How so? There are sci-fi OSR games, post-apoc OSR games, OSR games where you play as deities, stone age OSR games, modern day horror OSR games, low fantasy OSR games, high fantasy OSR games, OSR games set during the Renaissance, OSR games based at least in part on Asian mythology, and probably others, and that's not including various odd settings people have invented like that one person who made a vaguely post-apoc game set on Mars. Sure, most games people play are traditional low fantasy games. I typically run low fantasy OSR too. But the only successful definition of OSR is mechanical compatibility. Assuming mechanical compatibility, what's the problem that makes OSR "not about" capturing monsters but allows it to be "about" starships and stone age adventuring?

'Pokemon' osr would deviate from the core gameplay loop.

Sorry, Revolutionary era, not Renaissance.
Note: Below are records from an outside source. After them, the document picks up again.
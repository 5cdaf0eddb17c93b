-- ===== src/Channel/Tests.antt =====
-- Arrivals at concrete channels, with a host that logs what it parses.
use dubuframework.Base.{
  ℕ, ◌+◌, ◌-◌, ◌^◌, ◌≡◌, refl, true, false, none, List, [], ◌∷◌, ◌++◌, map, arith, ltb,
  if◌then◌else◌, u32,
}
use dubuframework.Sequence.{IsStream}
use dubuframework.Packet.{Packet}
use dubuframework.CachePool.{pop_packet_buffer, push_packet_buffer}
use dubuframework.Host.{Host, IsLog}
use dubuframework.Channel.{Receiving, run_kept, run_ahead, receive_next, keep_ahead, receive}
use dubuframework.Channel.Spec.{Spec, spec_step, spec_run}
use dubuframework.Channel.Ahead.{messages}
use dubuframework.Channel.Order.{receive_all, Refines, receive_all-Refines}
use dubuframework.Channel.Enough.{run_ahead_enough}

-- A log and a clock.
record Logged : Type 0 where
  log : List Packet
  ticks : ℕ

abbrev logging : Host Logged
logging = record {
  packet_parse = λ p s. record s { log = s.log ++ p ∷ [] };
  clock = λ s. (s.ticks, record s { ticks = s.ticks + 1 });
}

logging-IsLog : IsLog logging (λ s. s.log)
logging-IsLog = record { seen-parse = λ p s. refl; seen-clock = λ s. refl }

abbrev message : ℕ → Packet
message n = record {
  header = record {
    total_size = 25;
    packet_code = 1;
    flags = 5;
    session_id = 7;
    sequence_no = u32 n;
    timestamp = 0;
    checksum = 0;
    chunk_info = record { size = 0; flag = 0 };
  };
  body = n ∷ [];
  size = 25;
}

message-IsStream : IsStream message
message-IsStream = record { numbered = λ n. refl }

-- A channel that has delivered all messages up to `k` and keeps none.
abbrev empty_at : ℕ → Receiving Logged
empty_at k = record {
  cap = record {
    rps = record { recv_repeat_seq = u32 k; last_repeat_seq = u32 k; cache_repeat_count = 0 };
    cache_packets = λ _. record { buffer = none; time_stamp = 0; sequence_no = 0; is_keep = false };
  };
  caches = record { list = 0; use_list = 0 };
  host = record { log = []; ticks = 0 };
}

abbrev upto : ℕ → Spec
upto k = record { upto = k; got = λ n. if ltb k n then false else true }

empty-Refines :
    (k : ℕ)
    → Refines logging message message-IsStream (λ s. s.log) logging-IsLog (upto k) (empty_at k)
empty-Refines k = record {
  w = 0;
  window = record {
    recv_at = refl;
    last_at = omega arith;
    within = omega arith;
    slots = λ d lt le. ground arith;
    done = λ n le. ground arith;
    beyond = λ n le. ground arith;
  };
}

-- Message 2 overtakes message 1, and both are sent again.
receive_all_example :
    (m : ℕ) × ((spec_run (2 ∷ 1 ∷ 2 ∷ 1 ∷ 4 ∷ []) (upto 0)).upto ≡ 0 + m)
    × Refines logging message message-IsStream
        (λ s. s.log)
        logging-IsLog
        (spec_run (2 ∷ 1 ∷ 2 ∷ 1 ∷ 4 ∷ []) (upto 0))
        (receive_all logging (map message (2 ∷ 1 ∷ 2 ∷ 1 ∷ 4 ∷ [])) (empty_at 0))
    × ((receive_all logging (map message (2 ∷ 1 ∷ 2 ∷ 1 ∷ 4 ∷ [])) (empty_at 0)).host.log
        ≡ [] ++ messages message 0 m)
unfolding spec_step
receive_all_example =
    receive_all-Refines logging message message-IsStream (λ s. s.log) logging-IsLog
      (2 ∷ 1 ∷ 2 ∷ 1 ∷ 4 ∷ []) (upto 0) (empty_at 0) (omega arith) (empty-Refines 0)

-- The same by evaluation, where the sequence numbers wrap to 0.
wrapping_delivery :
    (receive_all logging
      (map message ((2 ^ 32) ∷ (2 ^ 32 - 1) ∷ (2 ^ 32 + 1) ∷ []))
      (empty_at (2 ^ 32 - 2))).host.log
    ≡ message (2 ^ 32 - 1) ∷ message (2 ^ 32) ∷ message (2 ^ 32 + 1) ∷ []
unfolding receive_all receive receive_next keep_ahead run_ahead run_kept pop_packet_buffer
    push_packet_buffer
wrapping_delivery = refl

run_ahead_enough_example :
    run_ahead logging 1 (u32 3) (empty_at 3) ≡ run_ahead logging 64 (u32 3) (empty_at 3)
run_ahead_enough_example =
    run_ahead_enough logging message (λ n. if ltb 3 n then false else true) 1 64 {k = 3} {w = 0}
      (empty_at 3)
      (record {
        recv_at = refl;
        last_at = refl;
        within = omega arith;
        slots = λ d lt le. ground arith;
        done = λ n le. ground arith;
        beyond = λ n le. ground arith;
      })
      (omega arith) (omega arith)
I think.

In what way?

Sure, if you wanted it to. But I'm not planning any particular "storyline" for the game, just making the rules. You could play normal OSR and have it be set in a Colosseum if you wanted.

And the Pokémon setting is OSR as heck. Everyone living in villages/cities, and if you step outside of the safety of town without protection you might get eaten by dangerous wild animals?
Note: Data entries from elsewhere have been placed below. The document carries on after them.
-- ===== src/SessionManager.antt =====
-- SessionManager.h and .cpp: the sessions by their identifiers, which are drawn at random until one
-- is free.
pub mod Fresh
mod Tests
use dubuframework.Base.{
  ℕ, zero, suc, ◌+◌, Bool, true, false, Option, none, some, if◌then◌else◌, update, succ32,
}

-- class SessionManager, for sessions of type `A`; `drawn` counts the numbers drawn so far.
pub record SessionManager (A : Type 0) : Type 0 where
  pub session_map : ℕ → Option A
  pub session_count : ℕ
  pub drawn : ℕ

abbrev pub is_some : {A : Type 0} → Option A → Bool
is_some none = false
is_some (some a) = true

-- `draws i` is the `i`-th number of `distribution_(rng_)`.
module _ {A : Type 0} (draws : ℕ → ℕ) where
  -- GenerateId: the loop after `i` numbers; the first argument bounds its rounds.
  unfoldable pub generate_id : ℕ → ℕ → (ℕ → Option A) → ℕ × ℕ
  generate_id zero i sessions = (draws i, i + 1)
  generate_id (suc fuel) i sessions =
      let rest = generate_id fuel (i + 1) sessions in
      if is_some (sessions (draws i)) then rest else (draws i, i + 1)

  -- AddSession, with the identifier of the session. `pop` is a session from the pool, and
  -- `set_session_id` is Session::SetSessionId; the number after them bounds the draws.
  unfoldable pub add_session : A → (ℕ → A → A) → ℕ → SessionManager A → SessionManager A × ℕ
  add_session pop set_session_id fuel m =
      let (id, drawn) = generate_id fuel m.drawn m.session_map in
      (
        record {
          session_map = update m.session_map id (some (set_session_id id pop));
          session_count = succ32 m.session_count;
          drawn = drawn;
        },
        id,
      )

-- RemoveSession
unfoldable pub remove_session : {A : Type 0} → ℕ → SessionManager A → SessionManager A
remove_session id m = record m { session_map = update m.session_map id none }

-- GetSession
unfoldable pub get_session : {A : Type 0} → ℕ → SessionManager A → Option A
get_session id m = m.session_map id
If you apply any sort of real-world logic to the world of Pokemon, the entire concept quickly falls apart.
And that is not the kind of discussion this thread needs.

Well... maybe not. How do you plan on tying exploration into it?
It also seems like trap interaction would get too loose, but that's not a grounded complaint.
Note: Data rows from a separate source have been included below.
-- ===== src/Sequencer/Answers.antt =====
-- rustdv/rustdv-methodology/src/sequence.rs: which answer a `get_response` gets.
use rustdv.Base.{
  ◌≡◌, refl, ap, sym, ◌∙◌, Bool, true, List, [], ◌∷◌, ◌++◌, Option, none, some, arith, append_assoc,
  append-nil, ◌==◌, ◌&&◌, if◌then◌else◌, Poll, ready, pending, Option-cases, inl, inr,
}
use rustdv.Wake.{TaskId, World}
use rustdv.Sequencer.Responses.{
  TxnId, RespInner, push, remove_ticket, remove_answer, try_get_response, poll_get_response,
}

pub data Call {ℓ} (RSP : Type ℓ) : Type ℓ where
  pushes : TxnId → RSP → Call RSP
  tries : Option TxnId → Call RSP
  polls : Option TxnId → TaskId → Call RSP

abbrev pub polled {ℓ} : {A : Type ℓ} → Poll A → Option A
polled (ready a) = some a
polled pending = none

module _ {ℓ} {RSP : Type ℓ} where
  unfoldable pub call :
      World (RespInner RSP) → Call RSP → World (RespInner RSP) × Option (TxnId × RSP)
  unfolding push try_get_response poll_get_response
  call w (pushes id rsp) = (push w id rsp, none)
  call w (tries txn_id) = try_get_response w txn_id
  call w (polls txn_id task) = let (w', p) = poll_get_response w txn_id task in (w', polled p)

  unfoldable pub run :
      World (RespInner RSP) → List (Call RSP) → World (RespInner RSP) × List (Option (TxnId × RSP))
  run w [] = (w, [])
  run w (c ∷ cs) = let (w', a) = call w c in let (w'', rs) = run w' cs in (w'', a ∷ rs)

  -- The answers under one ticket
  abbrev pub under : TxnId → List (TxnId × RSP) → List RSP
  under id [] = []
  under id ((i, r) ∷ m) = if i == id then r ∷ under id m else under id m

  abbrev pub sent : Call RSP → List (TxnId × RSP)
  sent (pushes id rsp) = (id, rsp) ∷ []
  sent _ = []

  abbrev pub pushed : List (Call RSP) → List (TxnId × RSP)
  pushed [] = []
  pushed (c ∷ cs) = sent c ++ pushed cs

  abbrev pub given : Option (TxnId × RSP) → List (TxnId × RSP)
  given none = []
  given (some a) = a ∷ []

  abbrev pub collected : List (Option (TxnId × RSP)) → List (TxnId × RSP)
  collected [] = []
  collected (a ∷ hits) = given a ++ collected hits

  -- Is the answer of the ticket that was asked for?
  abbrev pub fits : Call RSP → Option (TxnId × RSP) → Bool
  fits (tries (some id)) (some (i, r)) = i == id
  fits (polls (some id) task) (some (i, r)) = i == id
  fits _ _ = true

  abbrev pub all_fit : List (Call RSP) → List (Option (TxnId × RSP)) → Bool
  all_fit [] hits = true
  all_fit (c ∷ cs) [] = true
  all_fit (c ∷ cs) (a ∷ hits) = fits c a && all_fit cs hits

  under-append :
      (id : TxnId) (xs ys : List (TxnId × RSP)) → under id (xs ++ ys) ≡ under id xs ++ under id ys
  under-append id [] ys = refl
  under-append id ((i, r) ∷ xs) ys = ground (arith, under-append id xs ys)

  -- What a removal leaves of a ticket, and whose answer it takes
  remove_ticket_lem :
      (want id : TxnId) (m : List (TxnId × RSP)) {i : TxnId} {r : RSP} {m' : List (TxnId × RSP)}
      → remove_ticket want m ≡ some ((i, r), m')
      → (under id m ≡ (if i == id then r ∷ under id m' else under id m')) × (i ≡ want)
  unfolding remove_ticket
  remove_ticket_lem want id [] e = ground arith
  remove_ticket_lem want id ((j, q) ∷ m) e = elim (Option-cases (remove_ticket want m)) [
    | inl n ↦ ground (arith, n)
    | inr (((i', r'), m''), h) ↦ ground (arith, h, remove_ticket_lem want id m h)
  ]

  call-under :
      (w : World (RespInner RSP)) (c : Call RSP) (id : TxnId)
      → let (w', a) = call w c in
        (under id (w.inner.items ++ sent c) ≡ under id (given a) ++ under id w'.inner.items)
        × (fits c a ≡ true)
  unfolding call remove_answer
  call-under w (pushes i rsp) id =
      ground (arith, append-nil (under id (w.inner.items ++ (i, rsp) ∷ [])))
  call-under w (tries none) id = ground (arith, append-nil w.inner.items)
  call-under w (tries (some i)) id = elim (Option-cases (remove_ticket i w.inner.items)) [
    | inl n ↦ ground (arith, n, append-nil w.inner.items)
    | inr (((j, r), m), h) ↦
        ground (arith, h, append-nil w.inner.items, remove_ticket_lem i id w.inner.items h)
  ]
  call-under w (polls none task) id = ground (arith, append-nil w.inner.items)
  call-under w (polls (some i) task) id = elim (Option-cases (remove_ticket i w.inner.items)) [
    | inl n ↦ ground (arith, n, append-nil w.inner.items)
    | inr (((j, r), m), h) ↦
        ground (arith, h, append-nil w.inner.items, remove_ticket_lem i id w.inner.items h)
  ]

  -- Over any history, the answers under each ticket are collected in the order in which they were pushed,
  -- each once, with the rest still there, whatever tickets others ask for; and whoever asks by ticket gets
  -- an answer under that ticket.
  pub run_per_ticket :
      (w : World (RespInner RSP)) (cs : List (Call RSP)) (id : TxnId)
      → let (w', hits) = run w cs in
        (under id (w.inner.items ++ pushed cs)
          ≡ under id (collected hits) ++ under id w'.inner.items)
        × (all_fit cs hits ≡ true)
  unfolding run
  run_per_ticket w [] id = (ap (under id) (append-nil w.inner.items), refl)
  run_per_ticket w (c ∷ cs) id =
      let (w', a) = call w c in
      let (order, fit) = call-under w c id in
      let (later, all) = run_per_ticket w' cs id in
      let (w'', hits) = run w' cs in
      (
        ap (under id) (sym (append_assoc w.inner.items (sent c) (pushed cs)))
            ∙ under-append id (w.inner.items ++ sent c) (pushed cs)
            ∙ ap (λ l. l ++ under id (pushed cs)) order
            ∙ append_assoc (under id (given a)) (under id w'.inner.items) (under id (pushed cs))
            ∙ ap (λ l. under id (given a) ++ l)
                (sym (under-append id w'.inner.items (pushed cs)) ∙ later)
            ∙ sym (
                append_assoc (under id (given a)) (under id (collected hits))
                  (under id w''.inner.items))
            ∙ ap (λ l. l ++ under id w''.inner.items)
                (sym (under-append id (given a) (collected hits))),
        ground (arith, fit, all),
      )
As opposed to dungeon crawling, which is perfectly logical and realistic?

If you say so. I'm probably the only one who would try to play it, anyway.

I mean, it's basically a points-of-light setting. There's towns and cities around everywhere and plenty of dungeons. I was thinking a combination hexcrawl with dungeons.

Combat may or may not be more common than normal (thus my original question), but if you are that concerned about it then it's not really significantly different from whether you die at 0 HP or just get knocked out. If you want a darker grittier game where combat is dangerous and to be avoided, play using the former. If you want something more lighthearted or higher fantasy, play using the latter. Likewise if you want stereotypical Pokémon, play like it, if you want harsher, play like a Nuzlocke game where they die at 0 HP.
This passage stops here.